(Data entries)
Segment Open
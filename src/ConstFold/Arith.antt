-- ===== src/ConstFold/Arith.antt =====
-- Folded arithmetic and comparisons (`try_fold_arith` and `eval_cmp` of
-- src/middleend/ir_constfold.c) against the integers.
use mathlib.Core.Option
use baa.Base.{
  ℕ, ◌/◌, ◌%◌, ◌≡◌, refl, ap, ◌∙◌, inl, inr, Bool, true, false, not, ◌&&◌, some, arith,
  if◌then◌else◌, ◌==◌, Bool-cases,
}
use baa.Base.Int.{ℤ, pos, negsuc, ◌≤ℤ◌, ◌<ℤ◌, ltb_ℤ, leb_ℤ, quot_ℤ, rem_ℤ}
use mathlib.Core.Bool.{xor}
use baa.Base.Int
use baa.Base.Word
use baa.Base.Word.{IsWord, signed64, encode64, slt64, sdiv64, srem64}
use baa.Ir.Types.{IrType}
use baa.Ir.Inst.{IrOp, IrCmpPred}
use baa.Ir.Eval.{wrap_to, read_as, arith_value, compares}
use baa.ConstFold.{
  try_fold_arith, trunc_wrap_to_type, eval_cmp, ir_type_is_unsigned, int64_min, minus_one,
}
use baa.ConstFold.Trunc.{trunc-encode64}

-- The five operations that the pass folds.
abbrev pub is_folded_op : IrOp → Bool
is_folded_op IrOp.add = true
is_folded_op IrOp.sub = true
is_folded_op IrOp.mul = true
is_folded_op IrOp.div = true
is_folded_op IrOp.rem = true
is_folded_op _ = false

-- Division with the special case for INT64_MIN / -1 is the machine's division all the same.
sdiv64_min : sdiv64 int64_min minus_one ≡ int64_min
unfolding sdiv64 Word.magnitude Word.with_sign Word.is_minus xor
sdiv64_min = refl

srem64_min : srem64 int64_min minus_one ≡ 0
unfolding srem64 Word.magnitude Word.with_sign Word.is_minus
srem64_min = refl

read_as_unsigned : (t : IrType) (w : ℕ) → ir_type_is_unsigned (some t) ≡ true → read_as t w ≡ pos w
unfolding read_as ir_type_is_unsigned
read_as_unsigned IrType.u8 w h = refl
read_as_unsigned IrType.u16 w h = refl
read_as_unsigned IrType.u32 w h = refl
read_as_unsigned IrType.u64 w h = refl
read_as_unsigned _ w h = cc

read_as_signed :
    (t : IrType) (w : ℕ) → ir_type_is_unsigned (some t) ≡ false → read_as t w ≡ signed64 w
unfolding read_as ir_type_is_unsigned
read_as_signed IrType.u8 w h = cc
read_as_signed IrType.u16 w h = cc
read_as_signed IrType.u32 w h = cc
read_as_signed IrType.u64 w h = cc
read_as_signed _ w h = refl

-- A word operation that agrees with an integer operation on both readings of its arguments
-- agrees with it at every type.
at_type :
    (t : IrType) (a b v : ℕ) (op : ℤ → ℤ → ℤ)
    → (ir_type_is_unsigned (some t) ≡ true → v ≡ encode64 (op (pos a) (pos b)))
    → (ir_type_is_unsigned (some t) ≡ false → v ≡ encode64 (op (signed64 a) (signed64 b)))
    → trunc_wrap_to_type v (some t) ≡ wrap_to t (op (read_as t a) (read_as t b))
at_type t a b v op unsigned signed = elim (Bool-cases (ir_type_is_unsigned (some t))) [
  | inl u ↦
      rw (read_as_unsigned t a u, read_as_unsigned t b u, unsigned u)
        (trunc-encode64 t (op (pos a) (pos b)))
  | inr s ↦
      rw (read_as_signed t a s, read_as_signed t b s, signed s)
        (trunc-encode64 t (op (signed64 a) (signed64 b)))
]

-- The quotient that the pass computes when the divisor is not zero.
abbrev quotient : IrType → ℕ → ℕ → ℕ
quotient t a b =
    if ir_type_is_unsigned (some t)
    then a / b
    else if a == int64_min && b == minus_one
    then int64_min
    else sdiv64 a b

abbrev remainder : IrType → ℕ → ℕ → ℕ
remainder t a b =
    if ir_type_is_unsigned (some t)
    then a % b
    else if a == int64_min && b == minus_one
    then 0
    else srem64 a b

div-lt-IsWord : (a b : ℕ) → IsWord a → IsWord (a / b)
div-lt-IsWord a b h = omega (arith, Word.div-le a b)

mod-lt-IsWord : (a b : ℕ) → IsWord a → IsWord (a % b)
mod-lt-IsWord a b h = omega (arith, Word.mod-le a b)

encode64-pos : (n : ℕ) → IsWord n → n ≡ encode64 (pos n)
unfolding encode64
encode64-pos n h = omega arith

-- The special case for INT64_MIN / -1 gives what the machine's division gives.
special_quotient :
    (a b : ℕ) → (if a == int64_min && b == minus_one then int64_min else sdiv64 a b) ≡ sdiv64 a b
special_quotient a b = ground (arith, sdiv64_min)

special_remainder :
    (a b : ℕ) → (if a == int64_min && b == minus_one then 0 else srem64 a b) ≡ srem64 a b
special_remainder a b = ground (arith, srem64_min)

module _ (t : IrType) (a b : ℕ) (ha : IsWord a) (hb : IsWord b) where
  trunc-quotient :
      trunc_wrap_to_type (quotient t a b) (some t) ≡ wrap_to t (quot_ℤ (read_as t a) (read_as t b))
  unfolding quot_ℤ
  trunc-quotient =
      at_type t a b (quotient t a b) quot_ℤ
        (λ u. rw u (encode64-pos (a / b) (div-lt-IsWord a b ha)))
        (λ s. rw s (special_quotient a b ∙ Word.sdiv64-signed a b ha hb))

  trunc-remainder :
      trunc_wrap_to_type (remainder t a b) (some t) ≡ wrap_to t (rem_ℤ (read_as t a) (read_as t b))
  unfolding rem_ℤ
  trunc-remainder =
      at_type t a b (remainder t a b) rem_ℤ
        (λ u. rw u (encode64-pos (a % b) (mod-lt-IsWord a b ha)))
        (λ s. rw s (special_remainder a b ∙ Word.srem64-signed a b ha hb))

-- For every type and all 64-bit constants, each of the five folded operations, truncated to the
-- type, is the operation on the integers wrapped to the type; it fails exactly on division by zero.
pub fold_arith_value :
    (op : IrOp) (t : IrType) (a b : ℕ)
    → is_folded_op op ≡ true
    → IsWord a
    → IsWord b
    → Option.map (λ v. trunc_wrap_to_type v (some t)) (try_fold_arith op (some t) a b)
      ≡ arith_value op t a b
unfolding try_fold_arith arith_value
fold_arith_value IrOp.add t a b h ha hb =
    ap some
      (at_type t a b _ Int.◌+ℤ◌ (λ u. Word.add64-unsigned a b) (λ s. Word.add64-signed a b ha hb))
fold_arith_value IrOp.sub t a b h ha hb = ap some (
    at_type t a b _ Int.◌-ℤ◌ (λ u. Word.sub64-unsigned a b ha hb)
      (λ s. Word.sub64-signed a b ha hb))
fold_arith_value IrOp.mul t a b h ha hb =
    ap some
      (at_type t a b _ Int.◌*ℤ◌ (λ u. Word.mul64-unsigned a b) (λ s. Word.mul64-signed a b ha hb))
fold_arith_value IrOp.div t a b h ha hb = ground (arith, trunc-quotient t a b ha hb)
fold_arith_value IrOp.rem t a b h ha hb = ground (arith, trunc-remainder t a b ha hb)
fold_arith_value _ t a b h ha hb = cc

not-ltb_ℤ : (a b : ℤ) → not (ltb_ℤ a b) ≡ leb_ℤ b a
not-ltb_ℤ a b = ground arith

pub eval_cmp-compares :
    (p : IrCmpPred) (a b : ℕ) → IsWord a → IsWord b → eval_cmp p a b ≡ compares p a b
unfolding eval_cmp compares
eval_cmp-compares IrCmpPred.gt a b ha hb = Word.slt64-signed b a hb ha
eval_cmp-compares IrCmpPred.lt a b ha hb = Word.slt64-signed a b ha hb
eval_cmp-compares IrCmpPred.ge a b ha hb =
    ap not (Word.slt64-signed a b ha hb) ∙ not-ltb_ℤ (signed64 a) (signed64 b)
eval_cmp-compares IrCmpPred.le a b ha hb =
    ap not (Word.slt64-signed b a hb ha) ∙ not-ltb_ℤ (signed64 b) (signed64 a)
eval_cmp-compares _ a b ha hb = ground arith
Segment Closed
Task requirements - Return only the part of the records above that opens with the line containing "b) ≡ sdiv64 a b" and closes with the line containing "b) ≡ srem64 a b", ends included.

The completed task -
    (a b : ℕ) → (if a == int64_min && b == minus_one then int64_min else sdiv64 a b) ≡ sdiv64 a b
special_quotient a b = ground (arith, sdiv64_min)

special_remainder :
    (a b : ℕ) → (if a == int64_min && b == minus_one then 0 else srem64 a b) ≡ srem64 a b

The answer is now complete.